Pistorius’ street legs are modeled and painted to look as much like natural legs as possible, color-matched to his thighs. But covered by the flesh-tone paint is a doodled-on depiction of calf muscle a friend inked in red and black permanent marker before the Athens Paralympics. It’s an interesting tattoo, a reminder that no matter how good Cheetahs are, Pistorius is still missing a natural calf.

So, sure, artificial legs are lighter than natural ones. Pistorius will never blow out his ankles or break a toe, though presumably his knees are as vulnerable as anyone’s to old age and trauma. But does any of that constitute an unfair advantage? Does being able to modify and tune a prosthetic limb belong to the same category as blood doping (banned) or altitude training (A-OK)? If there’s an issue of fairness here at all, it’s not that Pistorius is using technology superior to what evolution has built for human beings. As Robert Gailey, who studies the biomechanics of prosthetics at the University of Miami, puts it, running on stilts isn’t exactly a plus. The real asymmetry is that Frasure and Shirley each still have one natural leg, and it’s holding them back.

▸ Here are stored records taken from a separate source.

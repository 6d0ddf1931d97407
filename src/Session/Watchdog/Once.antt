-- ===== src/Session/Watchdog/Once.antt =====
-- Whatever the interleaving, a watchdog has one outcome.
use selenwright.Prelude.{
  ℕ, ◌+◌, ◌≤◌, ◌≡◌, refl, true, false, List, [], ◌∷◌, ℤ, arith, ◌≢◌, sym, ◌∙◌,
}
use selenwright.Session.Watchdog.{
  Watchdog, WatchdogState, active, stopped, expired, new_watchdog, touch, stop, expire, Event, step,
  history, starts, touches, stops, expires, fires, rounds,
}

-- Only the winner of the swap to `expired` calls onExpire, and it does so once.
pub record IsSound (w : Watchdog) : Type 0 where
  pub one : w.calls + w.winners ≤ 1
  pub won : w.state ≢ expired → w.calls + w.winners ≡ 0
  pub counted : w.fire_done ≡ false → w.calls ≡ 0
  pub called : w.fire_done ≡ true → w.calls ≡ 1

new_watchdog-IsSound : (timeout : ℤ) → IsSound (new_watchdog timeout)
unfolding new_watchdog
new_watchdog-IsSound timeout = ground arith

step-IsSound : (w : Watchdog) (e : Event) → IsSound w → IsSound (step w e)
unfolding step
step-IsSound w (starts now) v = ground arith
step-IsSound w (touches now) v = ground arith
step-IsSound w stops v = ground arith
step-IsSound w expires v = ground arith
step-IsSound w fires v = ground arith
step-IsSound w (rounds now woken) v = ground arith

history-IsSound : (w : Watchdog) (es : List Event) → IsSound w → IsSound (history w es)
unfolding history
history-IsSound w [] v = v
history-IsSound w (e ∷ es) v = history-IsSound (step w e) es (step-IsSound w e v)

step-calls : (w : Watchdog) (e : Event) → w.calls ≤ (step w e).calls
unfolding step
step-calls w (starts now) = ground arith
step-calls w (touches now) = ground arith
step-calls w stops = ground arith
step-calls w expires = ground arith
step-calls w fires = ground arith
step-calls w (rounds now woken) = ground arith

-- The calls of onExpire that a state allows.
abbrev pub allowed_calls : WatchdogState → ℕ
allowed_calls active = 0
allowed_calls stopped = 0
allowed_calls expired = 1

calls_allowed : (w : Watchdog) → IsSound w → w.calls ≤ allowed_calls w.state
calls_allowed w v = ground (arith, v.one, v.won)

-- From a fresh watchdog, every interleaving of Start, Touch, Stop, Expire and the rounds of the
-- timer goroutine calls onExpire at most once, and not at all unless the watchdog has expired.
pub history-calls :
    (timeout : ℤ) (es : List Event)
    → (history (new_watchdog timeout) es).calls
      ≤ allowed_calls (history (new_watchdog timeout) es).state
history-calls timeout es =
    calls_allowed (history (new_watchdog timeout) es)
      (history-IsSound (new_watchdog timeout) es (new_watchdog-IsSound timeout))

settled : (w : Watchdog) (e : Event) → w.state ≢ active → (step w e).state ≡ w.state
unfolding step
settled w (starts now) n = ground arith
settled w (touches now) n = ground arith
settled w stops n = ground arith
settled w expires n = ground arith
settled w fires n = ground arith
settled w (rounds now woken) n = ground arith

history-settled :
    (w : Watchdog) (es : List Event) → w.state ≢ active → (history w es).state ≡ w.state
unfolding history
history-settled w [] n = refl
history-settled w (e ∷ es) n =
    history-settled (step w e) es (λ h. n (sym (settled w e n) ∙ h)) ∙ settled w e n

stop_wins : (w : Watchdog) → (stop w).1 ≡ true → (stop w).0.state ≡ stopped
unfolding stop
stop_wins w h = ground arith

stop-IsSound : (w : Watchdog) → IsSound w → IsSound (stop w).0
unfolding stop
stop-IsSound w v = ground arith

refused :
    (now : ℤ) (w : Watchdog)
    → w.state ≡ stopped
    → ((stop w).1 ≡ false) × ((expire w).1 ≡ false) × ((touch now w).1 ≡ false)
unfolding stop expire touch
refused now w h = ground arith

-- Once Stop has reported success, no later step calls onExpire, and each later Stop, Expire or
-- Touch reports failure.
pub history_after_stop :
    (timeout : ℤ) (es fs : List Event) (now : ℤ)
    → (stop (history (new_watchdog timeout) es)).1 ≡ true
    → let w = history (stop (history (new_watchdog timeout) es)).0 fs in
      (w.calls ≡ 0) × ((stop w).1 ≡ false) × ((expire w).1 ≡ false) × ((touch now w).1 ≡ false)
history_after_stop timeout es fs now won =
    let w₀ = history (new_watchdog timeout) es in
    let v₀ = history-IsSound (new_watchdog timeout) es (new_watchdog-IsSound timeout) in
    let v = history-IsSound (stop w₀).0 fs (stop-IsSound w₀ v₀) in
    let e : (stop w₀).0.state ≡ stopped = stop_wins w₀ won in
    let f : (history (stop w₀).0 fs).state ≡ stopped =
      history-settled (stop w₀).0 fs (λ h. cc) ∙ e in
    let (r₁, r₂, r₃) = refused now (history (stop w₀).0 fs) f in
    (omega (arith, v.won (λ h. cc)), r₁, r₂, r₃)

It’s also true that the Cheetahs Pistorius hopes to run on in Beijing, with their pure-engineering swoop, are in quantifiable ways better — faster — than the ones he ran on in Athens. Does that bother you? Pistorius’ handlers have a saying: If you think having carbon-fiber legs will make you a faster sprinter, have the operation and we’ll see you at the track. In their eyes, Cheetahs — for all their sophistication — are a disadvantage that Pistorius has transcended.
The International Association of Athletics Federations is supposed to decide if Pistorius is eligible for the Olympics this spring. The possibilities: If Pistorius is a black swan, a statistical freak who would have been a world-class sprinter on natural legs, too, then no problem — let him run. And, if being an amputee is what gave Pistorius something to prove and turned him into a world-class sprinter, then no problem — let him run. But if he is the vanguard of a legion of plastic track-and-field terminators whose upper speed is a function of materials science and software instead of determination and training? The International Olympics Commission better start hiring some engineers.”

Many critics are advocating the best way to approach the question of Oscar’s eligibility to compete in the Olympic Games is “guilty until proven innocent.” I think we should give someone who can run 400 meters on two prosthetics, in 46.56 seconds, the benefit of the doubt until it is proven the prosthetics provide an unfair advantage. Even then, I will still be in awe of a bilateral lower leg amputee who has the talent to balance and generate enough power to compete with the best able-bodied track athletes in the world. His courage, perseverance, and joy in pursuing an Olympic dream is inspiring and challenges all of us to reach higher. What feeble excuse can we possibly give for not pursuing our dreams?